---------- INFORMATION GIVEN ----------

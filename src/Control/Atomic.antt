-- ===== src/Control/Atomic.antt =====
-- A build that fails changes nothing that persists.
use plecto.Prelude.{
  ◌≡◌, refl, sym, ◌∙◌, subst, ◌↔◌, ◌⊎◌, inl, inr, false, Option, none, some, Text, All, [], any,
}
use plecto.Errors.{ControlError, Result, ok, err, >>=-eq-ok}
use plecto.Control.{Manifest, Env, ActiveConfig, Persistent}
use plecto.Control.Routes.{is_upstream, validate_routes}
use plecto.Control.Active.{
  Prepared, load_filters, check_chain, no_filters, prepare, active_of, after_reconcile,
  after_prepare, build_active,
}
use plecto.Control.Checked.{validate_routes-Checked}
use plecto.Control.Compiled.{Registers, IsPlaced, compile_routes-ok}
use plecto.Upstream.Registry.{reconcile, group}
use plecto.Upstream.Registry.Kept.{reconcile-all_or_nothing, is_named}

err_injective {ℓ} :
    {A : Type ℓ} {e e' : ControlError} → ◌≡◌ {A = Result A} (err e) (err e') → e ≡ e'
err_injective h = cc

module _ {Net Tls Key Value : Type 0} (env : Env Net Tls Key Value) (m : Manifest) where
  -- The steps that a successful preparation went through.
  pub record IsPrepared (p : Prepared Tls) : Type 0 where
    pub filled : load_filters env no_filters m.filters ≡ ok p.filters
    pub chained : check_chain env p.filters m.chain ≡ ok tt
    pub validated : validate_routes p.filters m.upstreams m.routes ≡ ok p.routes
    pub hashed : env.content_hash m ≡ ok p.hash

  pub prepare-IsPrepared : (p : Prepared Tls) → prepare env m ≡ ok p → IsPrepared p
  unfolding prepare
  prepare-IsPrepared p h =
      let (filters, filled, h1) = >>=-eq-ok (load_filters env no_filters m.filters) _ h in
      let (u, chained, h2) = >>=-eq-ok (check_chain env filters m.chain) _ h1 in
      let (routes, validated, h3) = >>=-eq-ok (validate_routes filters m.upstreams m.routes) _ h2 in
      let (tls, _, h4) = >>=-eq-ok (env.build_server_configs m.tls) _ h3 in
      let (hash, hashed, h5) = >>=-eq-ok (env.content_hash m) _ h4 in
      let same : ◌≡◌ {A = Prepared Tls}
          (record { filters = filters; routes = routes; tls = tls; hash = hash }) p =
        cc in
      rw (← same)
        (record { filled = filled; chained = chained; validated = validated; hashed = hashed })

  -- What a reconciliation amounts to: it fails and keeps what persists, or it registers the upstreams.
  abbrev Settled : Persistent → Option ControlError × Persistent → Type 0
  Settled s r =
      ((e : ControlError) × (r.0 ≡ some e) × (r.1 ≡ s))
      ⊎ ((r.0 ≡ none) × Registers r.1.0 m.upstreams)

  reconcile-Settled : (s : Persistent) → Settled s (reconcile env.space s.1 s.0 m.upstreams)
  reconcile-Settled s = elim (reconcile-all_or_nothing env.space s.1 s.0 m.upstreams []).1 [
    | inl (e, failed, registry, heap) ↦ inl (e, failed, λ i. (registry i, heap i))
    | inr (done, _) ↦ inr (
      done,
      λ name. registers name done (reconcile-all_or_nothing env.space s.1 s.0 m.upstreams name).1,
    )
  ]
    where
      registers :
          (name : Text)
          → (reconcile env.space s.1 s.0 m.upstreams).0 ≡ none
          → ((e : ControlError) × ((reconcile env.space s.1 s.0 m.upstreams).0 ≡ some e)
              × ((reconcile env.space s.1 s.0 m.upstreams).1.0 ≡ s.0)
              × ((reconcile env.space s.1 s.0 m.upstreams).1.1 ≡ s.1))
            ⊎ (((reconcile env.space s.1 s.0 m.upstreams).0 ≡ none)
                × ((group (reconcile env.space s.1 s.0 m.upstreams).1.0 name ≡ none)
                    ↔ (any (is_named name) m.upstreams ≡ false)))
          → (group (reconcile env.space s.1 s.0 m.upstreams).1.0 name ≡ none)
            ↔ (is_upstream m.upstreams name ≡ false)
      registers name done (inl (e, failed, _, _)) = cc
      registers name done (inr (_, names)) = names

  -- A build as a sum: it fails and keeps what persists, or it succeeds with a configuration whose routes
  -- are all placed.
  abbrev pub Built : Persistent → Result (ActiveConfig Tls) × Persistent → Type 0
  Built s r =
      ((e : ControlError) × (r.0 ≡ err e)
        × (r.1 ≡ s)
        × ((prepare env m ≡ err e) ⊎ ((reconcile env.space s.1 s.0 m.upstreams).0 ≡ some e)))
      ⊎ ((p : Prepared Tls) × (a : ActiveConfig Tls) × (r.0 ≡ ok a)
          × IsPrepared p
          × (a.filters ≡ p.filters)
          × (a.hash ≡ p.hash)
          × (a.chain ≡ m.chain)
          × All (IsPlaced a.filters r.1.0 m.upstreams) a.routes)

  after_reconcile-Built :
      (p : Prepared Tls) (s : Persistent) (r : Option ControlError × Persistent)
      → IsPrepared p
      → Settled s r
      → (reconcile env.space s.1 s.0 m.upstreams).0 ≡ r.0
      → Built s (after_reconcile env m p r)
  after_reconcile-Built p s (some e, s') q (inl (_, _, kept)) at = inl (e, refl, kept, inr at)
  after_reconcile-Built p s (some e, s') q (inr (done, _)) at = cc
  after_reconcile-Built p s (none, s') q (inl (_, failed, _)) at = cc
  after_reconcile-Built p s (none, s') q (inr (_, has)) at =
      let checked = validate_routes-Checked p.filters m.upstreams m.routes p.routes q.validated in
      let (routes, e, placed) =
        compile_routes-ok s'.0 m.upstreams has env.reads_body env.hasher p.filters p.routes
          checked in
      inr (p, active_of env m p routes, rw e refl, q, refl, refl, refl, placed)

  after_prepare-Built :
      (s : Persistent) (o : Result (Prepared Tls))
      → prepare env m ≡ o
      → Built s (after_prepare env m s o)
  after_prepare-Built s (err e) h = inl (e, refl, refl, inl h)
  after_prepare-Built s (ok p) h =
      after_reconcile-Built p s (reconcile env.space s.1 s.0 m.upstreams) (prepare-IsPrepared p h)
        (reconcile-Settled s) refl

  pub build_active-Built : (s : Persistent) → Built s (build_active env m s)
  unfolding build_active
  build_active-Built s = after_prepare-Built s (prepare env m) refl

  -- A build of an active configuration that fails leaves the registry of the upstreams and everything it
  -- points to as they were, and it fails in the steps before the reconciliation or because that refuses
  -- the upstreams: once they are reconciled, nothing fails.
  pub build_active-all_or_nothing :
      (s : Persistent) (e : ControlError)
      → (build_active env m s).0 ≡ err e
      → ((build_active env m s).1 ≡ s)
        × ((prepare env m ≡ err e) ⊎ ((reconcile env.space s.1 s.0 m.upstreams).0 ≡ some e))
  build_active-all_or_nothing s e failed = elim (build_active-Built s) [
    | inl (e', f, kept, early) ↦
        let same : e' ≡ e = err_injective (sym f ∙ failed) in
        (
          kept,
          subst
              (λ x.
                (prepare env m ≡ err x) ⊎ ((reconcile env.space s.1 s.0 m.upstreams).0 ≡ some x))
              same early,
        )
    | inr (p, a, f, _, _, _, _, _) ↦ cc
  ]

----------

Transcribe each record above exactly. Skip none.

-- YOUR RESPONSE --
filename src/Control/Atomic.antt
-- ===== src/Control/Atomic.antt =====
-- A build that fails changes nothing that persists.
use plecto.Prelude.{
  ◌≡◌, refl, sym, ◌∙◌, subst, ◌↔◌, ◌⊎◌, inl, inr, false, Option, none, some, Text, All, [], any,
}
use plecto.Errors.{ControlError, Result, ok, err, >>=-eq-ok}
use plecto.Control.{Manifest, Env, ActiveConfig, Persistent}
use plecto.Control.Routes.{is_upstream, validate_routes}
use plecto.Control.Active.{
  Prepared, load_filters, check_chain, no_filters, prepare, active_of, after_reconcile,
  after_prepare, build_active,
}
use plecto.Control.Checked.{validate_routes-Checked}
use plecto.Control.Compiled.{Registers, IsPlaced, compile_routes-ok}
use plecto.Upstream.Registry.{reconcile, group}
use plecto.Upstream.Registry.Kept.{reconcile-all_or_nothing, is_named}

err_injective {ℓ} :
    {A : Type ℓ} {e e' : ControlError} → ◌≡◌ {A = Result A} (err e) (err e') → e ≡ e'
err_injective h = cc

module _ {Net Tls Key Value : Type 0} (env : Env Net Tls Key Value) (m : Manifest) where
  -- The steps that a successful preparation went through.
  pub record IsPrepared (p : Prepared Tls) : Type 0 where
    pub filled : load_filters env no_filters m.filters ≡ ok p.filters
    pub chained : check_chain env p.filters m.chain ≡ ok tt
    pub validated : validate_routes p.filters m.upstreams m.routes ≡ ok p.routes
    pub hashed : env.content_hash m ≡ ok p.hash

  pub prepare-IsPrepared : (p : Prepared Tls) → prepare env m ≡ ok p → IsPrepared p
  unfolding prepare
  prepare-IsPrepared p h =
      let (filters, filled, h1) = >>=-eq-ok (load_filters env no_filters m.filters) _ h in
      let (u, chained, h2) = >>=-eq-ok (check_chain env filters m.chain) _ h1 in
      let (routes, validated, h3) = >>=-eq-ok (validate_routes filters m.upstreams m.routes) _ h2 in
      let (tls, _, h4) = >>=-eq-ok (env.build_server_configs m.tls) _ h3 in
      let (hash, hashed, h5) = >>=-eq-ok (env.content_hash m) _ h4 in
      let same : ◌≡◌ {A = Prepared Tls}
          (record { filters = filters; routes = routes; tls = tls; hash = hash }) p =
        cc in
      rw (← same)
        (record { filled = filled; chained = chained; validated = validated; hashed = hashed })

  -- What a reconciliation amounts to: it fails and keeps what persists, or it registers the upstreams.
  abbrev Settled : Persistent → Option ControlError × Persistent → Type 0
  Settled s r =
      ((e : ControlError) × (r.0 ≡ some e) × (r.1 ≡ s))
      ⊎ ((r.0 ≡ none) × Registers r.1.0 m.upstreams)

  reconcile-Settled : (s : Persistent) → Settled s (reconcile env.space s.1 s.0 m.upstreams)
  reconcile-Settled s = elim (reconcile-all_or_nothing env.space s.1 s.0 m.upstreams []).1 [
    | inl (e, failed, registry, heap) ↦ inl (e, failed, λ i. (registry i, heap i))
    | inr (done, _) ↦ inr (
      done,
      λ name. registers name done (reconcile-all_or_nothing env.space s.1 s.0 m.upstreams name).1,
    )
  ]
    where
      registers :
          (name : Text)
          → (reconcile env.space s.1 s.0 m.upstreams).0 ≡ none
          → ((e : ControlError) × ((reconcile env.space s.1 s.0 m.upstreams).0 ≡ some e)
              × ((reconcile env.space s.1 s.0 m.upstreams).1.0 ≡ s.0)
              × ((reconcile env.space s.1 s.0 m.upstreams).1.1 ≡ s.1))
            ⊎ (((reconcile env.space s.1 s.0 m.upstreams).0 ≡ none)
                × ((group (reconcile env.space s.1 s.0 m.upstreams).1.0 name ≡ none)
                    ↔ (any (is_named name) m.upstreams ≡ false)))
          → (group (reconcile env.space s.1 s.0 m.upstreams).1.0 name ≡ none)
            ↔ (is_upstream m.upstreams name ≡ false)
      registers name done (inl (e, failed, _, _)) = cc
      registers name done (inr (_, names)) = names

  -- A build as a sum: it fails and keeps what persists, or it succeeds with a configuration whose routes
  -- are all placed.
  abbrev pub Built : Persistent → Result (ActiveConfig Tls) × Persistent → Type 0
  Built s r =
      ((e : ControlError) × (r.0 ≡ err e)
        × (r.1 ≡ s)
        × ((prepare env m ≡ err e) ⊎ ((reconcile env.space s.1 s.0 m.upstreams).0 ≡ some e)))
      ⊎ ((p : Prepared Tls) × (a : ActiveConfig Tls) × (r.0 ≡ ok a)
          × IsPrepared p
          × (a.filters ≡ p.filters)
          × (a.hash ≡ p.hash)
          × (a.chain ≡ m.chain)
          × All (IsPlaced a.filters r.1.0 m.upstreams) a.routes)

  after_reconcile-Built :
      (p : Prepared Tls) (s : Persistent) (r : Option ControlError × Persistent)
      → IsPrepared p
      → Settled s r
      → (reconcile env.space s.1 s.0 m.upstreams).0 ≡ r.0
      → Built s (after_reconcile env m p r)
  after_reconcile-Built p s (some e, s') q (inl (_, _, kept)) at = inl (e, refl, kept, inr at)
  after_reconcile-Built p s (some e, s') q (inr (done, _)) at = cc
  after_reconcile-Built p s (none, s') q (inl (_, failed, _)) at = cc
  after_reconcile-Built p s (none, s') q (inr (_, has)) at =
      let checked = validate_routes-Checked p.filters m.upstreams m.routes p.routes q.validated in
      let (routes, e, placed) =
        compile_routes-ok s'.0 m.upstreams has env.reads_body env.hasher p.filters p.routes
          checked in
      inr (p, active_of env m p routes, rw e refl, q, refl, refl, refl, placed)

  after_prepare-Built :
      (s : Persistent) (o : Result (Prepared Tls))
      → prepare env m ≡ o
      → Built s (after_prepare env m s o)
  after_prepare-Built s (err e) h = inl (e, refl, refl, inl h)
  after_prepare-Built s (ok p) h =
      after_reconcile-Built p s (reconcile env.space s.1 s.0 m.upstreams) (prepare-IsPrepared p h)
        (reconcile-Settled s) refl

  pub build_active-Built : (s : Persistent) → Built s (build_active env m s)
  unfolding build_active
  build_active-Built s = after_prepare-Built s (prepare env m) refl

  -- A build of an active configuration that fails leaves the registry of the upstreams and everything it
  -- points to as they were, and it fails in the steps before the reconciliation or because that refuses
  -- the upstreams: once they are reconciled, nothing fails.
  pub build_active-all_or_nothing :
      (s : Persistent) (e : ControlError)
      → (build_active env m s).0 ≡ err e
      → ((build_active env m s).1 ≡ s)
        × ((prepare env m ≡ err e) ⊎ ((reconcile env.space s.1 s.0 m.upstreams).0 ≡ some e))
  build_active-all_or_nothing s e failed = elim (build_active-Built s) [
    | inl (e', f, kept, early) ↦
        let same : e' ≡ e = err_injective (sym f ∙ failed) in
        (
          kept,
          subst
              (λ x.
                (prepare env m ≡ err x) ⊎ ((reconcile env.space s.1 s.0 m.upstreams).0 ≡ some x))
              same early,
        )
    | inr (p, a, f, _, _, _, _, _) ↦ cc
  ]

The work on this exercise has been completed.